* Task details *
Line by line, transcribe the listing below without omission.

* Supplied records *
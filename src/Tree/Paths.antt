-- ===== src/Tree/Paths.antt =====
-- Nodes of a tree by their paths, and trees that carry no ref yet.
use agent_desktop.Prelude.{List, Option, [], none, some, suc, zero, ℕ, ◌∷◌, ◌≡◌}
use agent_desktop.Tree.{AccessibilityNode, NodeData, Nodes, cons, nil, node}

-- The data of the node at a path of child indices.
unfoldable mutual
  pub data_at : AccessibilityNode → List ℕ → Option NodeData
  data_at (node d cs) [] = some d
  data_at (node d cs) (i ∷ p) = child_at cs i p

  pub child_at : Nodes → ℕ → List ℕ → Option NodeData
  child_at nil i p = none
  child_at (cons c cs) zero p = data_at c p
  child_at (cons c cs) (suc i) p = child_at cs i p

-- No node carries a ref, as in the trees that the adapters hand over.
abbrev mutual
  pub NoRefs : AccessibilityNode → Type 0
  NoRefs (node d cs) = (d.ref_id ≡ none) × NoRefsIn cs

  pub NoRefsIn : Nodes → Type 0
  NoRefsIn nil = Unit {0}
  NoRefsIn (cons c cs) = NoRefs c × NoRefsIn cs
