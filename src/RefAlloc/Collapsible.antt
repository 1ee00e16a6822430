-- ===== src/RefAlloc/Collapsible.antt =====
-- `is_collapsible` nodes: neither ref-able nor anchors, and with one child.
use agent_desktop.Text.{Text, text_eq, text_in}
use agent_desktop.Text.Laws.{text_eq→eq}
use agent_desktop.Role.{from_token, is_transparent_wrapper}
use agent_desktop.Roles.{interactive_roles}
use agent_desktop.Prelude.{
  Bool, List, [], arith, inl, inr, refl, some, true, ||-true, ℕ, ◌∷◌, ◌≡◌, &&-true, Bool-cases, all,
  false, not, subst, Option, is_empty, is_none, none,
}
use agent_desktop.Tree.{NodeData, Nodes, node, is_singleton}
use agent_desktop.RefAlloc.{
  is_resolvable_skeleton_anchor, is_collapsible, is_ref_able, advertises_primary_action,
  has_meaningful_text, is_blank_option,
}
use agent_desktop.Geometry.{Rect}

module _ (hash : Rect → ℕ) where
  -- A collapsible node gets no ref of its own: it is neither ref-able nor an anchor.
  collapsible_group :
      (d : NodeData) (cs : Nodes)
      → is_collapsible (node d cs) ≡ true
      → is_transparent_wrapper (from_token d.role) ≡ true
  unfolding is_collapsible
  collapsible_group d cs h = (&&-true (is_transparent_wrapper (from_token d.role)) _ h).0

  text_in-all :
      (ts : List Text) (p : Text → Bool) (t : Text)
      → all p ts ≡ true
      → text_in ts t ≡ true
      → p t ≡ true
  unfolding text_in
  text_in-all [] p t h i = cc
  text_in-all (u ∷ ts) p t h i = elim (||-true (text_eq u t) _ i) [
    | inl e ↦ subst (λ x. p x ≡ true) (text_eq→eq u t e) (&&-true (p u) _ h).0
    | inr r ↦ text_in-all ts p t (&&-true (p u) _ h).1 r
  ]

  group_not_interactive :
      (t : Text)
      → is_transparent_wrapper (from_token t) ≡ true
      → text_in interactive_roles t ≡ false
  group_not_interactive t g = elim (Bool-cases (text_in interactive_roles t)) [
    | inl y ↦
        let n =
          text_in-all interactive_roles (λ u. not (is_transparent_wrapper (from_token u))) t
            (unfold is_transparent_wrapper from_token in refl) y in
        ground arith
    | inr n ↦ n
  ]

  collapsible_parts :
      (d : NodeData) (cs : Nodes)
      → is_collapsible (node d cs) ≡ true
      → (is_blank_option d.identity.name ≡ true)
        × (is_blank_option d.identity.description ≡ true)
        × (is_none d.identity.native_id ≡ true)
        × (is_empty d.presentation.available_actions ≡ true)
        × (is_none d.presentation.bounds ≡ true)
        × (is_singleton cs ≡ true)
  unfolding is_collapsible
  collapsible_parts d cs h = ground arith

  no_primary_action :
      (actions : List Text) → is_empty actions ≡ true → advertises_primary_action actions ≡ false
  unfolding advertises_primary_action
  no_primary_action [] h = refl
  no_primary_action (a ∷ rest) h = cc

  blank_not_meaningful :
      (o : Option Text) → is_blank_option o ≡ true → has_meaningful_text o ≡ false
  unfolding has_meaningful_text
  blank_not_meaningful none h = refl
  blank_not_meaningful (some t) h = rw h refl

  pub collapsible_not_ref_able :
      (d : NodeData) (cs : Nodes) → is_collapsible (node d cs) ≡ true → is_ref_able d ≡ false
  unfolding is_ref_able
  collapsible_not_ref_able d cs h =
      rw (group_not_interactive d.role (collapsible_group d cs h))
        (no_primary_action d.presentation.available_actions (collapsible_parts d cs h).3)

  pub collapsible_not_anchor :
      (d : NodeData) (cs : Nodes)
      → is_collapsible (node d cs) ≡ true
      → is_resolvable_skeleton_anchor hash d ≡ false
  unfolding is_resolvable_skeleton_anchor
  collapsible_not_anchor d cs h =
      let parts = collapsible_parts d cs h in
      rw
        (
          blank_not_meaningful d.identity.name parts.0,
          blank_not_meaningful d.identity.description parts.1,
        )
        (ground (arith, parts.2, parts.4))

  pub collapsible_single :
      (d : NodeData) (cs : Nodes) → is_collapsible (node d cs) ≡ true → is_singleton cs ≡ true
  collapsible_single d cs h = (collapsible_parts d cs h).5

* Result of this exercise *
filename src/Tree/Paths.antt
-- ===== src/Tree/Paths.antt =====
-- Nodes of a tree by their paths, and trees that carry no ref yet.
use agent_desktop.Prelude.{List, Option, [], none, some, suc, zero, ℕ, ◌∷◌, ◌≡◌}
use agent_desktop.Tree.{AccessibilityNode, NodeData, Nodes, cons, nil, node}

-- The data of the node at a path of child indices.
unfoldable mutual
  pub data_at : AccessibilityNode → List ℕ → Option NodeData
  data_at (node d cs) [] = some d
  data_at (node d cs) (i ∷ p) = child_at cs i p

  pub child_at : Nodes → ℕ → List ℕ → Option NodeData
  child_at nil i p = none
  child_at (cons c cs) zero p = data_at c p
  child_at (cons c cs) (suc i) p = child_at cs i p

-- No node carries a ref, as in the trees that the adapters hand over.
abbrev mutual
  pub NoRefs : AccessibilityNode → Type 0
  NoRefs (node d cs) = (d.ref_id ≡ none) × NoRefsIn cs

  pub NoRefsIn : Nodes → Type 0
  NoRefsIn nil = Unit {0}
  NoRefsIn (cons c cs) = NoRefs c × NoRefsIn cs
filename src/RefAlloc/Collapsible.antt
repository 1ee00e16a6822430
-- ===== src/RefAlloc/Collapsible.antt =====
-- `is_collapsible` nodes: neither ref-able nor anchors, and with one child.
use agent_desktop.Text.{Text, text_eq, text_in}
use agent_desktop.Text.Laws.{text_eq→eq}
use agent_desktop.Role.{from_token, is_transparent_wrapper}
use agent_desktop.Roles.{interactive_roles}
use agent_desktop.Prelude.{
  Bool, List, [], arith, inl, inr, refl, some, true, ||-true, ℕ, ◌∷◌, ◌≡◌, &&-true, Bool-cases, all,
  false, not, subst, Option, is_empty, is_none, none,
}
use agent_desktop.Tree.{NodeData, Nodes, node, is_singleton}
use agent_desktop.RefAlloc.{
  is_resolvable_skeleton_anchor, is_collapsible, is_ref_able, advertises_primary_action,
  has_meaningful_text, is_blank_option,
}
use agent_desktop.Geometry.{Rect}

module _ (hash : Rect → ℕ) where
  -- A collapsible node gets no ref of its own: it is neither ref-able nor an anchor.
  collapsible_group :
      (d : NodeData) (cs : Nodes)
      → is_collapsible (node d cs) ≡ true
      → is_transparent_wrapper (from_token d.role) ≡ true
  unfolding is_collapsible
  collapsible_group d cs h = (&&-true (is_transparent_wrapper (from_token d.role)) _ h).0

  text_in-all :
      (ts : List Text) (p : Text → Bool) (t : Text)
      → all p ts ≡ true
      → text_in ts t ≡ true
      → p t ≡ true
  unfolding text_in
  text_in-all [] p t h i = cc
  text_in-all (u ∷ ts) p t h i = elim (||-true (text_eq u t) _ i) [
    | inl e ↦ subst (λ x. p x ≡ true) (text_eq→eq u t e) (&&-true (p u) _ h).0
    | inr r ↦ text_in-all ts p t (&&-true (p u) _ h).1 r
  ]

  group_not_interactive :
      (t : Text)
      → is_transparent_wrapper (from_token t) ≡ true
      → text_in interactive_roles t ≡ false
  group_not_interactive t g = elim (Bool-cases (text_in interactive_roles t)) [
    | inl y ↦
        let n =
          text_in-all interactive_roles (λ u. not (is_transparent_wrapper (from_token u))) t
            (unfold is_transparent_wrapper from_token in refl) y in
        ground arith
    | inr n ↦ n
  ]

  collapsible_parts :
      (d : NodeData) (cs : Nodes)
      → is_collapsible (node d cs) ≡ true
      → (is_blank_option d.identity.name ≡ true)
        × (is_blank_option d.identity.description ≡ true)
        × (is_none d.identity.native_id ≡ true)
        × (is_empty d.presentation.available_actions ≡ true)
        × (is_none d.presentation.bounds ≡ true)
        × (is_singleton cs ≡ true)
  unfolding is_collapsible
  collapsible_parts d cs h = ground arith

  no_primary_action :
      (actions : List Text) → is_empty actions ≡ true → advertises_primary_action actions ≡ false
  unfolding advertises_primary_action
  no_primary_action [] h = refl
  no_primary_action (a ∷ rest) h = cc

  blank_not_meaningful :
      (o : Option Text) → is_blank_option o ≡ true → has_meaningful_text o ≡ false
  unfolding has_meaningful_text
  blank_not_meaningful none h = refl
  blank_not_meaningful (some t) h = rw h refl

  pub collapsible_not_ref_able :
      (d : NodeData) (cs : Nodes) → is_collapsible (node d cs) ≡ true → is_ref_able d ≡ false
  unfolding is_ref_able
  collapsible_not_ref_able d cs h =
      rw (group_not_interactive d.role (collapsible_group d cs h))
        (no_primary_action d.presentation.available_actions (collapsible_parts d cs h).3)

  pub collapsible_not_anchor :
      (d : NodeData) (cs : Nodes)
      → is_collapsible (node d cs) ≡ true
      → is_resolvable_skeleton_anchor hash d ≡ false
  unfolding is_resolvable_skeleton_anchor
  collapsible_not_anchor d cs h =
      let parts = collapsible_parts d cs h in
      rw
        (
          blank_not_meaningful d.identity.name parts.0,
          blank_not_meaningful d.identity.description parts.1,
        )
        (ground (arith, parts.2, parts.4))

  pub collapsible_single :
      (d : NodeData) (cs : Nodes) → is_collapsible (node d cs) ≡ true → is_singleton cs ≡ true
  collapsible_single d cs h = (collapsible_parts d cs h).5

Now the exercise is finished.